Task description
Find the string "then" in the data, and copy out each line that has it.

Content starts

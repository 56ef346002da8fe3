-- ===== src/Tests/ProviderRuns.antt =====
-- The theorems on infrastructure/providers at a concrete input.
use codeburn_watcher.Prelude.{
  ℕ, ◌≡◌, refl, true, false, none, some, List, [], ◌∷◌, arith, Text, codes, text_eq, nat_eq,
  if◌then◌else◌, ◌==◌,
}
use codeburn_watcher.Prelude.Results.{Result, ok, err}
use codeburn_watcher.Reconciliation.{ProviderUsage}
use codeburn_watcher.Reconciliation.Providers.{
  openai_url, OpenAiRow, openai, Page, Refusal, Response, AnthropicRow, anthropic, fetch_page,
  digits, fetch_usage,
}
use codeburn_watcher.Reconciliation.Providers.Pages.{
  Served, last, next, tokens_of_model, weight_of_model, anthropic_tokens, anthropic-Adds,
  fetch_usage-returns, fetch_usage-loops,
}

abbrev usage_row : ℕ → AnthropicRow
usage_row n = record {
  model = codes "m";
  uncached_input_tokens = n;
  output_tokens = 1;
  cache_read_input_tokens = 0;
  ephemeral_5m = 2;
  ephemeral_1h = 0;
}

-- A server of two pages, and one that always says that there are more.
abbrev two_pages : Text → Result Text (Page AnthropicRow)
two_pages body =
    if body == codes "u"
    then ok (record { rows = usage_row 1 ∷ []; has_more = true; next_page = codes "2" })
    else ok (record { rows = usage_row 2 ∷ usage_row 3 ∷ []; has_more = false; next_page = [] })

abbrev more_page : Page AnthropicRow
more_page = record { rows = []; has_more = true; next_page = [] }

-- The client answers with the URL.
abbrev echo : Text → Result Refusal Response
echo url = ok (record { status = 200; body = url })

abbrev all_rows : List AnthropicRow
all_rows = usage_row 1 ∷ usage_row 2 ∷ usage_row 3 ∷ []

two-Served : Served anthropic echo two_pages (codes "u") [] 2 all_rows
unfolding fetch_page
two-Served =
    next [] (record { rows = usage_row 1 ∷ []; has_more = true; next_page = codes "2" }) refl refl
      (last (codes "2")
        (record { rows = usage_row 2 ∷ usage_row 3 ∷ []; has_more = false; next_page = [] }) refl
        refl)

fetch_usage-returns_example :
    (usages : List ProviderUsage) × (fetch_usage anthropic echo two_pages (codes "u") 3
      ≡ some (ok usages))
    × ((model : Text)
        → tokens_of_model anthropic model usages
          ≡ weight_of_model anthropic anthropic_tokens model all_rows)
fetch_usage-returns_example =
    fetch_usage-returns anthropic echo two_pages (codes "u") anthropic_tokens 3 two-Served
      (
        anthropic-Adds (usage_row 1),
        (anthropic-Adds (usage_row 2), (anthropic-Adds (usage_row 3), tt)),
      )
      (omega arith)

more_served : fetch_page anthropic echo (λ body. ok more_page) (codes "u") [] ≡ ok more_page
unfolding fetch_page
more_served = refl

fetch_usage-loops_example : fetch_usage anthropic echo (λ body. ok more_page) (codes "u") 9 ≡ none
fetch_usage-loops_example =
    fetch_usage-loops anthropic echo (λ body. ok more_page) (codes "u") more_page more_served refl
      refl 9

abbrev cached_row : OpenAiRow
cached_row = record {
  model = codes "m";
  input_tokens = 5;
  input_cached_tokens = 3;
  output_tokens = 1;
  cached_le = omega arith;
}

abbrev one_page : Page OpenAiRow
one_page = record { rows = cached_row ∷ cached_row ∷ []; has_more = false; next_page = [] }

one-Served :
    Served openai echo
      (λ body. ok one_page)
      (openai_url (codes "h") (codes "0") (codes "9"))
      []
      1
      (cached_row ∷ cached_row ∷ [])
unfolding fetch_page
one-Served = last [] one_page refl refl

unavailable :
    fetch_page anthropic
      (λ url. ok (record { status = 503; body = codes "no" }))
      two_pages
      (codes "u")
      []
    ≡ err (codes "anthropic: status 503: no")
unfolding fetch_page digits
unavailable = refl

Content ends

Task response
  if◌then◌else◌, ◌==◌,
    then ok (record { rows = usage_row 1 ∷ []; has_more = true; next_page = codes "2" })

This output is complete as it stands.